Thanks. Its the one under bridge
in den moselhauen is street name. Meeting friends there tomorrow.


----------



## tonka (Apr 24, 2006)

Water, EHU, Showers...
Do a search on you tube.. someone video'ed it.. 

You take a ticket as you enter and the take ticket to machine where you can pay parking and also top up with credit for water, Electric and the use of the showers..


----------



## Telbell (May 1, 2005)

Many thanks all. Wont do you tube though. Vfone will sting me for it!


----------



## Zepp (May 14, 2009)

Sorry Im a bit late with the reply but we have posted all the details and pictures on our blog see below for link. 



There is also a freecamping spot next to the stellplatz under the bridge if stellplatz is full

Paul & Lynne


----------



## Don_Madge (May 1, 2005)

coppo said:


> Traveller_HA5_3DOM said:
> 
> 
> > If it's the one at the Western side of the city near to McDonalds it has water and electric. The guys from the adjacent campsite administer it.
> ...


Hi Paul,

The sani station near MacDonald's is for coaches. We have stayed on that car park many times over the years and have never had any problems or been moved on.

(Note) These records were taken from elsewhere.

-- ===== src/InsnQueue/Insert.antt =====
-- lib/insn_queue.c: how libpulp.so appends to its queue. The globals that these functions share
-- are `__ulp_insn_queue` and `__ulp_error_state`.
use libpulp.Base.{
  ℕ, ◌+◌, ◌-◌, ◌%◌, List, [], ◌∷◌, ◌++◌, Option, none, some, Bool, true, false, length, ltb, ◌==◌,
  if◌then◌else◌, ◌||◌, bit_and,
}
use libpulp.Base.Memory.{Memory, store, bytes_le}
use libpulp.Base.Words.{int_mod, add_int, add_size, int_to_size, is_positive}
use libpulp.Errors.Codes.{enone, einsnq}
use libpulp.InsnQueue.Defs.{
  Queue, insn_buffer_max, ulp_insn_print, ulp_insn_write, insn_len, write_len,
}

pub record Globals : Type 0 where
  pub queue : Queue
  pub error_state : ℕ

-- align_to on int patterns; `bytes` is a power of two
unfoldable pub align_to : ℕ → ℕ → ℕ
align_to val bytes = let mask = bytes - 1 in bit_and (add_int val mask) (int_mod - 1 - mask)

-- insnq_get_writable_area: the offset of the area in the buffer and the new queue, or NULL.
-- `msg_size` is a size_t.
unfoldable pub get_writable_area : Queue → ℕ → Option (ℕ × Queue)
get_writable_area q msg_size =
    if msg_size == 0
    then none
    else if ltb insn_buffer_max (add_size msg_size (int_to_size q.size))
    then none
    else some (
      q.size,
      record q {
        size = add_size (int_to_size q.size) msg_size % int_mod;
        num_insns = add_int q.num_insns 1;
      },
    )

-- The stores into the area, in the order of the source: type, 24-bit size, then the rest.
abbrev pub put_base : Memory → ℕ → ℕ → ℕ → Memory
put_base m a type size = store (store m a (type ∷ [])) (a + 1) (bytes_le 3 size)

-- insnq_insert_print; `string` is what stands before the null character. Its instruction's size:
unfoldable pub print_insn_size : List ℕ → ℕ
print_insn_size string =
    let string_size = (length string + 1) % int_mod in
    align_to (add_size insn_len (int_to_size string_size) % int_mod) 4

-- and the rest of the function, which knows the size.
unfoldable pub insert_print_sized : ℕ → List ℕ → Globals → ℕ × Globals
insert_print_sized insn_size string g = elim (get_writable_area g.queue (int_to_size insn_size)) [
  | none ↦ (einsnq, record g { error_state = einsnq })
  | some (at, q) ↦
      let based = put_base q.buffer at ulp_insn_print insn_size in
      (enone, record g { queue = record q { buffer = store based (at + 4) (string ++ 0 ∷ []) } })
]

unfoldable pub insert_print : List ℕ → Globals → ℕ × Globals
unfolding print_insn_size insert_print_sized
insert_print string g = insert_print_sized (print_insn_size string) string g

-- insnq_insert_write; `bytes` are the `n` bytes that the last argument points to.
unfoldable pub write_insn_size : List ℕ → ℕ
write_insn_size bytes =
    align_to (add_size write_len (int_to_size (length bytes % int_mod)) % int_mod) 8

unfoldable pub insert_write_sized : ℕ → ℕ → List ℕ → Globals → ℕ × Globals
insert_write_sized insn_size addr bytes g =
    elim (get_writable_area g.queue (int_to_size insn_size)) [
      | none ↦ (einsnq, record g { error_state = einsnq })
      | some (at, q) ↦
          let based = put_base q.buffer at ulp_insn_write insn_size in
          let sized = store based (at + 4) (bytes_le 4 (length bytes)) in
          let addressed = store sized (at + 8) (bytes_le 8 addr) in
          (enone, record g { queue = record q { buffer = store addressed (at + 16) bytes } })
    ]

unfoldable pub insert_write : ℕ → List ℕ → Globals → ℕ × Globals
unfolding write_insn_size insert_write_sized
insert_write addr bytes g = insert_write_sized (write_insn_size bytes) addr bytes g

-- insnq_ensure_emptiness: whether something is left in the queue, which is an error state.
unfoldable pub ensure_emptiness : Globals → Bool × Globals
ensure_emptiness g =
    if is_positive g.queue.num_insns || is_positive g.queue.size
    then (true, record g { error_state = einsnq })
    else (false, g)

The stellplatz barrier was installed late 2009.

Don


----------



## CliffyP (Dec 19, 2008)

Hi Tel
We were there a few weeks ago, there is a fairground next door that is noisy as hell, thump thump thump all day. Only good thing is at 10.00pm on the dot "silence". You get a card at the barrier and then pre load it for electric, water etc (they even charge you for water to flush the thetford out") upon leaving you check up on what credit youve got left, and then you either top up or get a refund, and a pass out. Campsite might be worth a look at :wink: 
If your going there, youve got to go to SAARBURG (if youv'e not been) its lovely, and a nice aire.


----------



## Telbell (May 1, 2005)

Thanks Don, cliffy and others. Most useful.


----------



## coppo (May 27, 2009)

Don Madge said:


> coppo said:
> 
> 
> > Traveller_HA5_3DOM said:
> ...


Many thanks for that Don, i didnt know it was specifically for coaches. We just followed the lead of all the other German vans who were using it.

Paul.


----------



## DavidDredge (Oct 17, 2010)

I am at Trier now. The place by McDonalds is full of Motorhomes parking for free! The sign says the parking area is for cars, buses/coaches AND motorhomes. However it is noiser than the official Stellplatz (nearer the road) and not very secure (couple of unsavory types in the shadows when we walked over to look).


----------